* WHAT YOU WILL DO
Please retype the line that contains "Reach-IsTable pipes m" and all lines that follow it to the end of the entries below, exactly as they stand, with nothing added.
* * * *
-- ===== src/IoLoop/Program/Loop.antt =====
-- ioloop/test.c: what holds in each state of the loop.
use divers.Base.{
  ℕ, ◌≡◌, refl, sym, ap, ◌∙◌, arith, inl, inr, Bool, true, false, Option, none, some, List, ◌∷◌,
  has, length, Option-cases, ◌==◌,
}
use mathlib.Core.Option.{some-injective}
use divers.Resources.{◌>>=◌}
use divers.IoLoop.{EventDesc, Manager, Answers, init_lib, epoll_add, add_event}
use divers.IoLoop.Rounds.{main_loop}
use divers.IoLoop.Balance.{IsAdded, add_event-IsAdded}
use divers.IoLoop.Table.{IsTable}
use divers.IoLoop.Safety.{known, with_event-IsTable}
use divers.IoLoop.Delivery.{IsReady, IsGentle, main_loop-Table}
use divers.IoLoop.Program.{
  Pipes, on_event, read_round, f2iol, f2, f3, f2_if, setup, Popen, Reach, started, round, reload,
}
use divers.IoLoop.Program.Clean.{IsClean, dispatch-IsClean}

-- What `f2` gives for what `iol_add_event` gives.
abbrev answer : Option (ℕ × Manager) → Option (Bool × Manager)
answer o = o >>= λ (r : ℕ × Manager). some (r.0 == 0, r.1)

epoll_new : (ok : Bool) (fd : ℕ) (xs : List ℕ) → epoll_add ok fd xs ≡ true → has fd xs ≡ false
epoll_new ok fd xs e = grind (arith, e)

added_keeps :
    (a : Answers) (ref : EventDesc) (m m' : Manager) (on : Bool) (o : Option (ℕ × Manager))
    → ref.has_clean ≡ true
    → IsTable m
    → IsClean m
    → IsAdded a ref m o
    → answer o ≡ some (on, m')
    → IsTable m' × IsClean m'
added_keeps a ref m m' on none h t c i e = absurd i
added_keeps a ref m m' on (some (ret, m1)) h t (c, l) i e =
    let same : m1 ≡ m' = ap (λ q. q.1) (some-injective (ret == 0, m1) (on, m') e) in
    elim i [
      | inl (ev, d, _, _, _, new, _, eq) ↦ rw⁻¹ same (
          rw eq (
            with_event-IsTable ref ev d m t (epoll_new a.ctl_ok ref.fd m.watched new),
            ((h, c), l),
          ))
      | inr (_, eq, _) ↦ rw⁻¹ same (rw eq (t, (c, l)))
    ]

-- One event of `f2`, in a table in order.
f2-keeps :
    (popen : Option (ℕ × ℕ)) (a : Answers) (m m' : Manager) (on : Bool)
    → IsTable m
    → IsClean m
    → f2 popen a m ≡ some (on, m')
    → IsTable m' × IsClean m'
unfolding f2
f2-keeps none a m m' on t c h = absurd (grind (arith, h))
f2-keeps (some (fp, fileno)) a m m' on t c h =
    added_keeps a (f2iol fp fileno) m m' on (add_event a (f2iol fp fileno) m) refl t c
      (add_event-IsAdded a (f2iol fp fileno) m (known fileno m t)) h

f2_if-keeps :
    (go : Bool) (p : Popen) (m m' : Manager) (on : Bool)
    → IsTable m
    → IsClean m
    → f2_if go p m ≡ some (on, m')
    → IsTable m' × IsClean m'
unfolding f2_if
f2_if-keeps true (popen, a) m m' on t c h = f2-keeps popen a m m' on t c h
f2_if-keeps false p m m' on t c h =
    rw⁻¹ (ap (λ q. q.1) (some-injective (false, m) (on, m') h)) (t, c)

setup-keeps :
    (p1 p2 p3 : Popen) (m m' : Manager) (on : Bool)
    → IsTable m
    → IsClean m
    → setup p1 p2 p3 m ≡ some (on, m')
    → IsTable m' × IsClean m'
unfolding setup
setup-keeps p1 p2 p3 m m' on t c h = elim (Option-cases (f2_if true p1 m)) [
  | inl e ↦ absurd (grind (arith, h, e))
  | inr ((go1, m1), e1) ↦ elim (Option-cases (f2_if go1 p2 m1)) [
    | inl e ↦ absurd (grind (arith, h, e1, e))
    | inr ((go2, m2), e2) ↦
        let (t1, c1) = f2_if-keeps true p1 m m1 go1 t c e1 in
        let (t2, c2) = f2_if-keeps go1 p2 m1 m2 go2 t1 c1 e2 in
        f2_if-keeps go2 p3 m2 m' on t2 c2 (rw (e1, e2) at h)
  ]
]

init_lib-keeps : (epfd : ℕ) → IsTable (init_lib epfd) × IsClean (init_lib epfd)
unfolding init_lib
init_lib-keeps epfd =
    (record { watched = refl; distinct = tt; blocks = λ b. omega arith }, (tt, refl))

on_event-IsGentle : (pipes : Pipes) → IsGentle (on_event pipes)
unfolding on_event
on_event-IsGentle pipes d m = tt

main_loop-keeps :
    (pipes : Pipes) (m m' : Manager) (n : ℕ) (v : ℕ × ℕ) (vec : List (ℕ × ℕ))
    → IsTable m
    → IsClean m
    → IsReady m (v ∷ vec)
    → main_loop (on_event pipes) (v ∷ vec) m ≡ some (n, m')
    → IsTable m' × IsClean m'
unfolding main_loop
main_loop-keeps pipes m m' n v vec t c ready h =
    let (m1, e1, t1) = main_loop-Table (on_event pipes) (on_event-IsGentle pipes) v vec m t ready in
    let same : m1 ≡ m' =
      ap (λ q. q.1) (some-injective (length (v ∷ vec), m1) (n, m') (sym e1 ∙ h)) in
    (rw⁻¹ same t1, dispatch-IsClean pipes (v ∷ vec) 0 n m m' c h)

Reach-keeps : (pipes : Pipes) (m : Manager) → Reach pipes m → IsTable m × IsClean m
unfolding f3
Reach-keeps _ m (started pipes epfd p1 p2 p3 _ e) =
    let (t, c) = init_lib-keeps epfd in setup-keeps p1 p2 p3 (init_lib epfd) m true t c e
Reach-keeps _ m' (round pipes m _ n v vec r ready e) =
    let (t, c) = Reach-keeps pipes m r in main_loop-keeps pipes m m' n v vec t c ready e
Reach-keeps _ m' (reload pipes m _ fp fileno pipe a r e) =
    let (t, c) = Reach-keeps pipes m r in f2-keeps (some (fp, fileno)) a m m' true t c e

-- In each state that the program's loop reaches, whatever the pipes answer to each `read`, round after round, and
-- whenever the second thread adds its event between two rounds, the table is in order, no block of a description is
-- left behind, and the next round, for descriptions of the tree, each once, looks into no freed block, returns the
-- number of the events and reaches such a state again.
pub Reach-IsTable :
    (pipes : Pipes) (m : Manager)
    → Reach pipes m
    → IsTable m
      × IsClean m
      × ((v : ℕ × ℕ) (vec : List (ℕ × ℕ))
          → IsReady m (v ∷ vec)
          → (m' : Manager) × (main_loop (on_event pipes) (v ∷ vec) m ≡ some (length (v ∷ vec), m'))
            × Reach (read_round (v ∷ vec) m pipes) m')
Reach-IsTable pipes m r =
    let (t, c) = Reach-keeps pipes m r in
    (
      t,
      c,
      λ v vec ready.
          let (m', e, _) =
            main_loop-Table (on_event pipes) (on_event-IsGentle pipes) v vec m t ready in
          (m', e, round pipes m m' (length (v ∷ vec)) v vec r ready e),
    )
* * * *
* OUTPUT OF THE EXERCISE
Reach-IsTable pipes m r =
    let (t, c) = Reach-keeps pipes m r in
    (
      t,
      c,
      λ v vec ready.
          let (m', e, _) =
            main_loop-Table (on_event pipes) (on_event-IsGentle pipes) v vec m t ready in
          (m', e, round pipes m m' (length (v ∷ vec)) v vec r ready e),
    )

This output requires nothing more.